EXERCISE BRIEF
Go through the material and pull out every line with the string "replicate" in it.

*** Block opens ***

-- ===== src/Lib.antt =====
-- bcos-scheduler: the scheduler module of FISCO BCOS, which executes and commits blocks of
-- transactions on a set of executors.
--
-- Sources are named by their paths from the root of the repository.
-- bcos-scheduler/SchedulerImpl.cpp accepts blocks and commits them in order,
-- bcos-scheduler/BlockExecutive.cpp runs one block in batches of messages, asks
-- bcos-scheduler/ExecutorManager.cpp which executor serves a contract, and keeps the key locks
-- of the contexts in bcos-scheduler/GraphKeyLocks.cpp.
--
-- * KeyLocks (bcos-scheduler/GraphKeyLocks.h, GraphKeyLocks.cpp): the graph is the list of its
--   edges and the list of its vertices; each method is the function of that name in lower case.
--   KeyLocks/Search states how Boost documents depth_first_visit, which is a parameter of
--   detect_dead_lock.
-- * Executors (bcos-scheduler/ExecutorManager.h, ExecutorManager.cpp): the maps and the queue
--   hold addresses of ExecutorInfo objects on a heap. The standard leaves open which of several
--   least loaded executors the queue returns; the model takes the first.
-- * Status (CommitStatus in bcos-scheduler/BlockExecutive.h): the counters of answers and
--   errors, and the runs of the threads that raise and check them, a list of steps in the order
--   in which they happen.
-- * Commit (bcos-scheduler/BlockExecutive.cpp): batchNextBlock, batchBlockCommit,
--   batchBlockRollback and asyncCommit. The answers of ledger, storage and executors are the
--   input, since their code is not part of the repository, those to the commit as the counts
--   and checks of the threads in their order; the result lists what the callback is given.
-- * Executive (ExecutiveState and m_executiveStates in bcos-scheduler/BlockExecutive.h,
--   traverseExecutive in BlockExecutive.cpp): the map is the list of its nodes in the order of
--   the keys. The callback is an argument, which returns its hint, the state it may have
--   changed and what else it changes. It may throw, and what the map then keeps is part of the
--   result.
-- * Hashes (bcos-scheduler/BlockExecutive.cpp): batchGetHashes, with the type of hashes and
--   their exclusive or as parameters.
-- * Address (bcos-scheduler/ChecksumAddress.h, newEVMAddress and preprocessAddress in
--   BlockExecutive.cpp): addresses are lists of bytes, letters those of the C locale. A read
--   past the end of a string, which C++ leaves undefined, is none.
-- * Batch (BatchStatus in bcos-scheduler/BlockExecutive.h, startBatch and checkBatch in
--   BlockExecutive.cpp): the counters of a batch, and runs of the threads that raise and check
--   them. That an exception leaves the traversal of checkBatch is a flag here; what that
--   traversal does to the states is part of Block.
-- * Block (asyncExecute, startBatch and checkBatch in bcos-scheduler/BlockExecutive.cpp): the
--   states that are made for the transactions, the messages that a batch sends, the answers,
--   and the traversals of checkBatch for key locks and dead locks, over the state of Executive,
--   KeyLocks, Executors and Batch together. The answers of the executors are the input, and
--   come after the batch has been sent. Block/Accounts puts the steps together, those of Dag
--   too.
-- * Dag (bcos-scheduler/BlockExecutive.cpp): DAGExecute, the messages that go together and what
--   becomes of the states, and the count down of the answers, as steps of the threads that
--   bring them.
-- * Execution (bcos-scheduler/BlockExecutive.cpp): asyncExecute and DMTExecute, which run
--   Commit's batchNextBlock, Dag, the batches and Hashes one after the other. How the batches
--   end is the input.
-- * Notify (bcos-scheduler/BlockExecutive.cpp): asyncNotify, over the receipts that the batches
--   of Block leave.
-- * Ledger (bcos-scheduler/SchedulerImpl.cpp): asyncGetLedgerConfig. The answers of the ledger
--   and the tests that follow them are the input, as steps of threads in their order, and the
--   conversion of a text to a number is a parameter.
-- * Requests (bcos-scheduler/SchedulerImpl.cpp): call over Execution, registerExecutor and
--   getCode over Executors.
-- * Scheduler (bcos-scheduler/SchedulerImpl.h, SchedulerImpl.cpp): executeBlock and commitBlock
--   are execute_block and commit_block; the callbacks that end their work are execute_done and
--   commit_done. Scheduler/Steps relates the states by these, in any order that the mutexes
--   allow.
--
-- Identifiers of contexts, numbers of blocks and sequence numbers are natural numbers, since
-- the scheduler counts them up from zero. Strings are lists of bytes. Logging and the measured
-- times are left out. The functions recurse on lists, so no fuel is used. Not modelled: the
-- tests and mocks, which are not part of the program, and of SchedulerImpl.cpp the requests
-- that only drop their callback or store a receiver. Of a message, its origin, depth and log
-- entries are left out, since they are only handed on.
mod Base
mod Common
pub mod KeyLocks
pub mod Executors
pub mod Status
pub mod Commit
pub mod Scheduler
pub mod Executive
pub mod Address
pub mod Batch
pub mod Hashes
pub mod Block
pub mod Ledger
pub mod Dag
pub mod Execution
pub mod Notify
pub mod Requests
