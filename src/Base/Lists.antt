-- ===== src/Base/Lists.antt =====
-- Lists measured and indexed by native numbers, under the library's names, and membership as a
-- family that can be matched.
use Prim.Native.Nat.{ℕ, zero, suc, ◌+◌, ◌≤◌}
use mathlib.Core.Path.{◌≡◌, refl, sym, subst}
use mathlib.Core.Logic.{◌⊎◌, inl, inr, ◌↔◌, ⊎_elim, if_pos, if_neg}
use mathlib.Core.List.{List, [], ◌∷◌, ◌++◌, filter, Memᴰ}
use mathlib.Core.List.Memᴰ
use mathlib.Core.Option.{Option, none, some}
use native.Mathlib.Omega.{arith}

module _ {ℓ} {A : Type ℓ} where
  abbrev pub length : List A → ℕ
  length [] = 0
  length (x ∷ xs) = suc (length xs)

  abbrev pub replicate : ℕ → A → List A
  replicate zero x = []
  replicate (suc n) x = x ∷ replicate n x

  abbrev pub get_elem? : List A → ℕ → Option A
  get_elem? [] i = none
  get_elem? (x ∷ xs) zero = some x
  get_elem? (x ∷ xs) (suc i) = get_elem? xs i

  pub length-append : (xs ys : List A) → length (xs ++ ys) ≡ length xs + length ys
  length-append [] ys = omega arith
  length-append (x ∷ xs) ys = omega (arith, length-append xs ys)

  pub List-cases : (xs : List A) → (xs ≡ []) ⊎ ((x : A) × (rest : List A) × (xs ≡ x ∷ rest))
  List-cases [] = inl refl
  List-cases (x ∷ xs) = inr (x, xs, refl)

  pub Memᴰ-nil : {a : A} → ¬ Memᴰ a []
  Memᴰ-nil = Memᴰ.not-nil

  pub Memᴰ-cons : (a x : A) (xs : List A) → Memᴰ a (x ∷ xs) ↔ ((a ≡ x) ⊎ Memᴰ a xs)
  Memᴰ-cons a x xs = (Memᴰ.cases_cons, ⊎_elim Memᴰ.head Memᴰ.tail)

  pub Memᴰ-concat : (a x : A) (xs : List A) → Memᴰ a (xs ++ x ∷ []) ↔ (Memᴰ a xs ⊎ (a ≡ x))
  Memᴰ-concat a x xs = (
    λ m. ⊎_elim inl (λ last. inr (Memᴰ.eq_of_singleton last)) (Memᴰ.append_cases xs m),
    ⊎_elim (Memᴰ.append_left _) (λ e. Memᴰ.append_right xs (Memᴰ.head e)),
  )

module _ {ℓ κ} {A : Type ℓ} {P : A → Type κ} (d : (a : A) → Dec (P a)) where
  pub length-filter-le : (xs : List A) → length (filter d xs) ≤ length xs
  length-filter-le [] = omega arith
  length-filter-le (x ∷ xs) = ground (arith, length-filter-le xs)

  pub Memᴰ-filter : (a : A) (xs : List A) → Memᴰ a (filter d xs) ↔ (Memᴰ a xs × P a)
  Memᴰ-filter a [] = (λ m. absurd (Memᴰ.not-nil m), λ m. absurd (Memᴰ.not-nil m.0))
  Memᴰ-filter a (x ∷ xs) = elim (d x) [
    | yes p ↦ rw (if_pos _ p) (
        ground (
          arith,
          Memᴰ-filter a xs,
          Memᴰ-cons a x xs,
          Memᴰ-cons a x (filter d xs),
          λ (e : a ≡ x). subst P (sym e) p,
        ))
    | no n ↦ rw (if_neg _ n) (ground (arith, Memᴰ-filter a xs, Memᴰ-cons a x xs, λ (e : a ≡ x). n))
  ]

abbrev pub dec_memᴰ {ℓ} : {A : Type ℓ} → Discrete A → (a : A) (xs : List A) → Dec (Memᴰ a xs)
dec_memᴰ d a [] = no Memᴰ.not-nil
dec_memᴰ d a (x ∷ xs) = elim (d a x) [
  | yes e ↦ yes (Memᴰ.head e)
  | no n ↦ elim (dec_memᴰ d a xs) [
    | yes m ↦ yes (Memᴰ.tail m)
    | no k ↦ no λ m. ⊎_elim n k (Memᴰ.cases_cons m)
  ]
]

abbrev pub All {ℓ κ} : {A : Type ℓ} → (A → Type κ) → List A → Type κ
All P [] = Unit
All P (x ∷ xs) = P x × All P xs

-- Two sequences of steps in one order that keeps the order of each.
pub data Merge {ℓ} {A : Type ℓ} : List A → List A → List A → Type ℓ where
  nothing : Merge [] [] []
  left : {x : A} {xs ys zs : List A} → Merge xs ys zs → Merge (x ∷ xs) ys (x ∷ zs)
  right : {y : A} {xs ys zs : List A} → Merge xs ys zs → Merge xs (y ∷ ys) (y ∷ zs)
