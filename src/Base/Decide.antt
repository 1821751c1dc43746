-- ===== src/Base/Decide.antt =====
-- Decisions of compound statements.
use mathlib.Core.Path.{◌≡◌, refl}
use mathlib.Core.Logic.{◌↔◌}
use mathlib.Core.Bool.{Bool, true, false}

abbrev pub dec_and {ℓ κ} : {A : Type ℓ} {B : Type κ} → Dec A → Dec B → Dec (A × B)
dec_and (yes a) (yes b) = yes (a, b)
dec_and (yes a) (no b) = no λ h. b h.1
dec_and (no a) b = no λ h. a h.0

abbrev pub dec_not {ℓ} : {A : Type ℓ} → Dec A → Dec (¬ A)
dec_not (yes a) = no λ h. h a
dec_not (no a) = yes a

abbrev pub decide {ℓ} : {A : Type ℓ} → Dec A → Bool
decide (yes a) = true
decide (no a) = false

pub decide_iff {ℓ} : {A : Type ℓ} (d : Dec A) → (decide d ≡ true) ↔ A
decide_iff (yes a) = (λ h. a, λ h. refl)
decide_iff (no a) = (λ h. cc, λ h. absurd (a h))

pub decide-false {ℓ} : {A : Type ℓ} (d : Dec A) → decide d ≡ false → ¬ A
decide-false (yes a) h = λ x. cc
decide-false (no a) h = a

*** Block closes ***

RESPONSE TO THIS TASK
  abbrev pub replicate : ℕ → A → List A
  replicate zero x = []
  replicate (suc n) x = x ∷ replicate n x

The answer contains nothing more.